▸ **Exercise goal**:
Whenever a line in the data below includes the string "else", copy it out.

BEGIN Information

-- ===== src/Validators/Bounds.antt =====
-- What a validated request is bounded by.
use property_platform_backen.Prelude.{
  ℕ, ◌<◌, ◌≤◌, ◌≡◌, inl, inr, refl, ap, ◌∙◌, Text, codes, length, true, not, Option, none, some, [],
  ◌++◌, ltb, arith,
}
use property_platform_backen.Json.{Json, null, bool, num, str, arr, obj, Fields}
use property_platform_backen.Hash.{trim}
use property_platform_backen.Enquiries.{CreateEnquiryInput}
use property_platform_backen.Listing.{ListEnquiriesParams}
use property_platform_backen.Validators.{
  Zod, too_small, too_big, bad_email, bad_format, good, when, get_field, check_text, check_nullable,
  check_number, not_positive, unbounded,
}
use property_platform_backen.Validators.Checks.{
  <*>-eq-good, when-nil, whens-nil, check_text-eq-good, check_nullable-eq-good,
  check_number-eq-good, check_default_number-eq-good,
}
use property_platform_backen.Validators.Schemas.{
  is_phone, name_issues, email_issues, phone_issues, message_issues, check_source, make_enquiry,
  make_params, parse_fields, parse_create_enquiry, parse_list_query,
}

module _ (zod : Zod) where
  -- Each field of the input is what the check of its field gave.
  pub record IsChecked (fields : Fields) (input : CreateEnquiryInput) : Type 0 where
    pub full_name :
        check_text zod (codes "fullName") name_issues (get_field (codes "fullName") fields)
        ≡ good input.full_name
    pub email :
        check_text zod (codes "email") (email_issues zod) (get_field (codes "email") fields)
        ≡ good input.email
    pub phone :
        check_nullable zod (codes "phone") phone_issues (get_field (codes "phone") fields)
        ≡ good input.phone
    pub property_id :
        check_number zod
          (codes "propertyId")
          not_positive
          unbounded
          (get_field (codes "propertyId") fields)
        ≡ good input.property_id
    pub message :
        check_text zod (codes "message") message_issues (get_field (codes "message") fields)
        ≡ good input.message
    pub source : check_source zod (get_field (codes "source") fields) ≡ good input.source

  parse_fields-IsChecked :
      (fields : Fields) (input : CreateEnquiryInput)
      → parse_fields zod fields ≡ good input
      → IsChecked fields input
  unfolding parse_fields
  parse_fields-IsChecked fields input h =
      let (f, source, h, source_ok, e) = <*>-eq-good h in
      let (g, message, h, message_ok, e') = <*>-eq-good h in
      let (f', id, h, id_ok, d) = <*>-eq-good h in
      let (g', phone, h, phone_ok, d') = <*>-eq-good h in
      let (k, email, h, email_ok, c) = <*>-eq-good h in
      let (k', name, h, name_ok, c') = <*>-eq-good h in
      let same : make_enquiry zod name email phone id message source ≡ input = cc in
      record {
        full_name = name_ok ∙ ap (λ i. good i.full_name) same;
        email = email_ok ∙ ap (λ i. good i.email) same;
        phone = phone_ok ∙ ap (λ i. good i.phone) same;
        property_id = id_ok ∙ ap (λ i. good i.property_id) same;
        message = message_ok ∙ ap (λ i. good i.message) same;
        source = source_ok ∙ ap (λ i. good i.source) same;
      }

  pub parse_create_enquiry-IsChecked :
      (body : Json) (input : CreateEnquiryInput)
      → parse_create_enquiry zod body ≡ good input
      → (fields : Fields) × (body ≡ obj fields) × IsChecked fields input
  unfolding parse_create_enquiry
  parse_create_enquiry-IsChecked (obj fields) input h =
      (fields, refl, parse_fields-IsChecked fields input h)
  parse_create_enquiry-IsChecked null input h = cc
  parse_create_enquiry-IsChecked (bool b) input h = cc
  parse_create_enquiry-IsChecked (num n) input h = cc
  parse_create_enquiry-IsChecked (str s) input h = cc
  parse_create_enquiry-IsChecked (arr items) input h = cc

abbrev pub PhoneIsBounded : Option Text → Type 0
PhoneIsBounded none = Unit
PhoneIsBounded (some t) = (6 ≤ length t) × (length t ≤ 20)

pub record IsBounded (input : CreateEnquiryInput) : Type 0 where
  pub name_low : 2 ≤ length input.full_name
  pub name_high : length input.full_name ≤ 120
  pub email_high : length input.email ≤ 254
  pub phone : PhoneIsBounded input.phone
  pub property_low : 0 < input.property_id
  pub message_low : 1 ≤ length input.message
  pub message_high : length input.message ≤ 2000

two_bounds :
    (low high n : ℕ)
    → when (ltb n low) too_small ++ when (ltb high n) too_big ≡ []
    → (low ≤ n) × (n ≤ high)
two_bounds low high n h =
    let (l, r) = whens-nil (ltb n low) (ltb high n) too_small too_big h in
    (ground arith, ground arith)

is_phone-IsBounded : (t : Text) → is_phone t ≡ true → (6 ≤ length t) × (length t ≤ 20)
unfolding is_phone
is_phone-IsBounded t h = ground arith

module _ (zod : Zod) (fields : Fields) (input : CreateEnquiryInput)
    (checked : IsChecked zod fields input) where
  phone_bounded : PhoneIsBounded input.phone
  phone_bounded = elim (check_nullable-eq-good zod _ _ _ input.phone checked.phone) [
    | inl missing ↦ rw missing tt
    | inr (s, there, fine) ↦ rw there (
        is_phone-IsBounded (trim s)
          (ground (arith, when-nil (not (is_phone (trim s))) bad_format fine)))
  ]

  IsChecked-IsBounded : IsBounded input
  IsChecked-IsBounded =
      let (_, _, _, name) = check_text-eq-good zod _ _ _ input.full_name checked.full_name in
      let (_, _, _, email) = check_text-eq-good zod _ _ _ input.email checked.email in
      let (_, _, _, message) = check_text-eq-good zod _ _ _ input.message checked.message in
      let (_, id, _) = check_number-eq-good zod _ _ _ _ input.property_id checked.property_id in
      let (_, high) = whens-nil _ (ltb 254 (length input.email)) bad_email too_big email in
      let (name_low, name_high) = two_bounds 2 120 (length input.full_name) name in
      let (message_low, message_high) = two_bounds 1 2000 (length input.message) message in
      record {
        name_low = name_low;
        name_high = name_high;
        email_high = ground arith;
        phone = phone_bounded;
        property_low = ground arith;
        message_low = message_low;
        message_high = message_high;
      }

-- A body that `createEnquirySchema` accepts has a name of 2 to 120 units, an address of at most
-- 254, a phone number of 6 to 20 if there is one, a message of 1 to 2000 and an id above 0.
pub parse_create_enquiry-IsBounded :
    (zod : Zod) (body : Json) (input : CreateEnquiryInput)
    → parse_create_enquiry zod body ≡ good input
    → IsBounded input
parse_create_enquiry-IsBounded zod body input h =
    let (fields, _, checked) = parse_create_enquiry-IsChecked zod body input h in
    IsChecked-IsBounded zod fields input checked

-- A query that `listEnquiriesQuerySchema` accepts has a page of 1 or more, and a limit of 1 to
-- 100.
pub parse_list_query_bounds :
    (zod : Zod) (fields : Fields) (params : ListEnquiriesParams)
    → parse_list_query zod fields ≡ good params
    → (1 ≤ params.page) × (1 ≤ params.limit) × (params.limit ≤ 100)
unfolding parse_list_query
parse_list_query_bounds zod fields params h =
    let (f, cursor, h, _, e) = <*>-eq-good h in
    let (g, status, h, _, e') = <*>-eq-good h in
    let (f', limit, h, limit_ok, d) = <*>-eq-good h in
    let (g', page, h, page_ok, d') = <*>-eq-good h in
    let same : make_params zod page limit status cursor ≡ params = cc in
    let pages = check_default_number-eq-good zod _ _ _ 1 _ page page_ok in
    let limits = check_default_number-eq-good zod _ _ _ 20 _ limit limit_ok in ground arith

END Information
BEGIN Information

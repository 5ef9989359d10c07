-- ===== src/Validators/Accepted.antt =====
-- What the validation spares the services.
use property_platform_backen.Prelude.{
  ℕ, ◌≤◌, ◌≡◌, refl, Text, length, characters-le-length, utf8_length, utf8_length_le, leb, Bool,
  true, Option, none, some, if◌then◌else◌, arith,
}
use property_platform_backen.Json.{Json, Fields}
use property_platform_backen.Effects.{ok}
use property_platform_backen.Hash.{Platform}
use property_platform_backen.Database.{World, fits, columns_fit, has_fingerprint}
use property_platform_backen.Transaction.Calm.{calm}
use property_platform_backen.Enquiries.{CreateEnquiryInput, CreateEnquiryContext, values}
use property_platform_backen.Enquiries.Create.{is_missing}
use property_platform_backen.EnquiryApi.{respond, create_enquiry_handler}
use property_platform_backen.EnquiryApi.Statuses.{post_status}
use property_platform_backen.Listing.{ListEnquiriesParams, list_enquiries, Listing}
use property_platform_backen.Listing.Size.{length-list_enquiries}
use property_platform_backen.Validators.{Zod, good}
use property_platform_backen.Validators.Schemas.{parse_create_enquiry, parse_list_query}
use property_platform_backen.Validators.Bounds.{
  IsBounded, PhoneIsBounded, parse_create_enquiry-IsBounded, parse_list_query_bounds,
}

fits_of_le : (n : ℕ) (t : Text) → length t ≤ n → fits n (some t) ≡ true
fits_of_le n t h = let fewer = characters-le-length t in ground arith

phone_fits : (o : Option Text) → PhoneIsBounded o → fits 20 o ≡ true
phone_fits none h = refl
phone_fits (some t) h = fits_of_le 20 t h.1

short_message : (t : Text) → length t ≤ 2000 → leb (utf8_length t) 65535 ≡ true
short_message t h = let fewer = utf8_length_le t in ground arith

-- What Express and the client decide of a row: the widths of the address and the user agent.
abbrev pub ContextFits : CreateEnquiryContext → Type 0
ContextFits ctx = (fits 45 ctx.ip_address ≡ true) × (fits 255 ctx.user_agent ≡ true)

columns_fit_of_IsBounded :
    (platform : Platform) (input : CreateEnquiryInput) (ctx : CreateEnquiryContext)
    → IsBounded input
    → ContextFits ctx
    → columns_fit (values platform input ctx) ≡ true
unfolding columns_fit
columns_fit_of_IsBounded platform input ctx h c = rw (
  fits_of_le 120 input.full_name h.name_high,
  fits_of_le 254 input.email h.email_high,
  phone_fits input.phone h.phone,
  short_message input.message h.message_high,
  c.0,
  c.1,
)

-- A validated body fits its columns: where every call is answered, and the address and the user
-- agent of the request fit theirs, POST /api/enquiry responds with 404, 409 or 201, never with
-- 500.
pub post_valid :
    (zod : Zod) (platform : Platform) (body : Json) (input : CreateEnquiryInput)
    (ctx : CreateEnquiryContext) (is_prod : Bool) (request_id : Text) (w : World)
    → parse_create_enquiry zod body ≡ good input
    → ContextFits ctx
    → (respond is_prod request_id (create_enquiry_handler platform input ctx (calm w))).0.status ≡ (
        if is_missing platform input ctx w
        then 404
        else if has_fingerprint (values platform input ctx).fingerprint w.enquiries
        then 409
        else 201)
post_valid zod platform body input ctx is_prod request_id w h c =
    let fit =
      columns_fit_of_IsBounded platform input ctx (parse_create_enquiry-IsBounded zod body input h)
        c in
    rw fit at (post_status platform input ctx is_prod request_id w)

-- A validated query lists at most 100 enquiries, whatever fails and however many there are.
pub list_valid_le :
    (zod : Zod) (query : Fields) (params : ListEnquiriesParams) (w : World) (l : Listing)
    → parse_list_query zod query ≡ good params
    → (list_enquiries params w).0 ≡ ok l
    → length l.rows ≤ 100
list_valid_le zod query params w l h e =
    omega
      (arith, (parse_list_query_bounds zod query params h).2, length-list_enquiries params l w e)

END Information

▸ **Answer area**:
  true, Option, none, some, if◌then◌else◌, arith,
        else if has_fingerprint (values platform input ctx).fingerprint w.enquiries
        else 201)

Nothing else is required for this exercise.